Roughly 24 hours after landfall, the center of Brenda passed directly over the city of Mérida, Yucatán. By this time, a strong ridge over southern Texas and northern Mexico caused the storm to take an unusual southwest turn. Later on August 20, the center of Brenda moved into the Gulf of Mexico, specifically the Bay of Campeche. Once back over water, Brenda began to quickly intensify, attaining hurricane status later that day. The next day, a well-defined eye had developed and the storm attained its peak intensity as a high-end Category 1 hurricane with winds of 90 mph and a minimum pressure of 977 mbar (hPa; 28.85 inHg). Around this time, the tropical storm force winds extended out 150 mi to the north and 75 mi to the south. The storm made landfall later that day near Ciudad del Carmen, Mexico at this intensity, becoming the first hurricane to strike the region on record. After moving inland, Brenda rapidly weakened to a depression by the morning of August 22 and dissipated later that day.

==Impact and aftermath==
The tropical wave that spawned Brenda produced significant amounts of rainfall in the Cayman Islands as it became better organized. Upwards of 4 in was recorded on Grand Cayman on August 17. Offshore the Yucatan, a freighter with 25 crewman became trapped in the storm after its engines failed. The United States Coast Guard responded to the distress call sent out by the ship once Brenda had moved into the Gulf of Mexico on August 21.
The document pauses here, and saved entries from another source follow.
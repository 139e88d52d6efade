-- ===== src/Scim/Safety.antt =====
-- What a PATCH cannot change.
use authpilot.Common.{String, ◌≡◌, refl, ◌∙◌, false, List, [], ◌∷◌, arith}
use authpilot.Common.Case.{to_lower}
use authpilot.Domain.{Value, Fields, null, bool, num, str, arr, obj, end, field, User, Group}
use authpilot.Scim.{PatchItem}
use authpilot.Scim.Patch.{
  set_user_field, apply_user_patch, apply_user_fields, patch_user_item, patch_user,
}
use authpilot.Scim.GroupPatch.{
  set_group_field, set_display_name, renamed, apply_group_patch, apply_group_fields,
  apply_group_patch_add, apply_group_patch_remove, patch_group_item, patch_group,
}

-- a user without the four fields that SCIM may write
abbrev pub protected_user : User → User
protected_user u = record u { email = ""; display_name = ""; phone_number = ""; active = false }

set_user_field-protected :
    (u : User) (lowered : String) (value : Value)
    → protected_user (set_user_field u lowered value) ≡ protected_user u
unfolding set_user_field
set_user_field-protected u lowered value = ground arith

mutual
  unfolding apply_user_patch

  apply_user_patch-protected :
      (u : User) (path : String) (value : Value)
      → protected_user (apply_user_patch u path value) ≡ protected_user u
  apply_user_patch-protected u path (obj fields) = ground (
    arith,
    apply_user_fields-protected u fields,
    set_user_field-protected u (to_lower path) (obj fields),
  )
  apply_user_patch-protected u path null = set_user_field-protected u (to_lower path) null
  apply_user_patch-protected u path (bool b) = set_user_field-protected u (to_lower path) (bool b)
  apply_user_patch-protected u path (num n) = set_user_field-protected u (to_lower path) (num n)
  apply_user_patch-protected u path (str s) = set_user_field-protected u (to_lower path) (str s)
  apply_user_patch-protected u path (arr vs) = set_user_field-protected u (to_lower path) (arr vs)

  apply_user_fields-protected :
      (u : User) (fields : Fields) → protected_user (apply_user_fields u fields) ≡ protected_user u
  apply_user_fields-protected u end = refl
  apply_user_fields-protected u (field path value fields) =
      apply_user_fields-protected (apply_user_patch u path value) fields
      ∙ apply_user_patch-protected u path value

patch_user_item-protected :
    (u : User) (item : PatchItem) → protected_user (patch_user_item u item) ≡ protected_user u
unfolding patch_user_item
patch_user_item-protected u item = ground (arith, apply_user_patch-protected u item.path item.value)

-- Whatever the operations of a PATCH of a user are, they change the email address, the display name, the
-- phone number and the active flag at most: the ID, the password hash, the second factor, the
-- groups, the claims and the other fields stay as they were.
pub patch_user-protected :
    (u : User) (items : List PatchItem) → protected_user (patch_user u items) ≡ protected_user u
unfolding patch_user
patch_user-protected u [] = refl
patch_user-protected u (item ∷ items) =
    patch_user-protected (patch_user_item u item) items ∙ patch_user_item-protected u item

-- a group without the fields that SCIM may write
abbrev pub protected_group : Group → Group
protected_group g = record g { name = ""; display_name = ""; member_ids = [] }

set_group_field-protected :
    (g : Group) (lowered : String) (value : Value)
    → protected_group (set_group_field g lowered value) ≡ protected_group g
unfolding set_group_field set_display_name renamed
set_group_field-protected g lowered (str s) = ground arith
set_group_field-protected g lowered null = ground arith
set_group_field-protected g lowered (bool b) = ground arith
set_group_field-protected g lowered (num n) = ground arith
set_group_field-protected g lowered (arr vs) = ground arith
set_group_field-protected g lowered (obj fs) = ground arith

mutual
  unfolding apply_group_patch

  apply_group_patch-protected :
      (g : Group) (path : String) (value : Value)
      → protected_group (apply_group_patch g path value) ≡ protected_group g
  apply_group_patch-protected g path (obj fields) = ground (
    arith,
    apply_group_fields-protected g fields,
    set_group_field-protected g (to_lower path) (obj fields),
  )
  apply_group_patch-protected g path null = set_group_field-protected g (to_lower path) null
  apply_group_patch-protected g path (bool b) = set_group_field-protected g (to_lower path) (bool b)
  apply_group_patch-protected g path (num n) = set_group_field-protected g (to_lower path) (num n)
  apply_group_patch-protected g path (str s) = set_group_field-protected g (to_lower path) (str s)
  apply_group_patch-protected g path (arr vs) = set_group_field-protected g (to_lower path) (arr vs)

  apply_group_fields-protected :
      (g : Group) (fields : Fields)
      → protected_group (apply_group_fields g fields) ≡ protected_group g
  apply_group_fields-protected g end = refl
  apply_group_fields-protected g (field path value fields) =
      apply_group_fields-protected (apply_group_patch g path value) fields
      ∙ apply_group_patch-protected g path value

patch_group_item-protected :
    (g : Group) (item : PatchItem) → protected_group (patch_group_item g item) ≡ protected_group g
unfolding patch_group_item apply_group_patch_add apply_group_patch_remove
patch_group_item-protected g item =
    ground (arith, apply_group_patch-protected g item.path item.value)

-- Whatever the operations of a PATCH of a group are, its ID and its time of creation stay.
pub patch_group-protected :
    (g : Group) (items : List PatchItem) → protected_group (patch_group g items) ≡ protected_group g
unfolding patch_group
patch_group-protected g [] = refl
patch_group-protected g (item ∷ items) =
    patch_group-protected (patch_group_item g item) items ∙ patch_group_item-protected g item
Already suffering from severe flooding that killed at least 18 people and left 200,000 homeless, Hurricane Brenda worsened the situation with torrential rainfall and additional flooding. Following the damage wrought by Brenda, a large earthquake struck the region, hampering relief efforts and collapsing numerous structures. Brenda caused a total of 10 deaths. Two of the fatalities occurred in Campeche after 80% of the city was flooded. Two more of these deaths occurred in the coastal city of Veracruz. This was considered to be the worst flooding in the city in over 25 years. According to officials, 452 homes and the local docks were destroyed in the region. An estimated 2,000 people were left homeless as a direct result of Brenda throughout Mexico.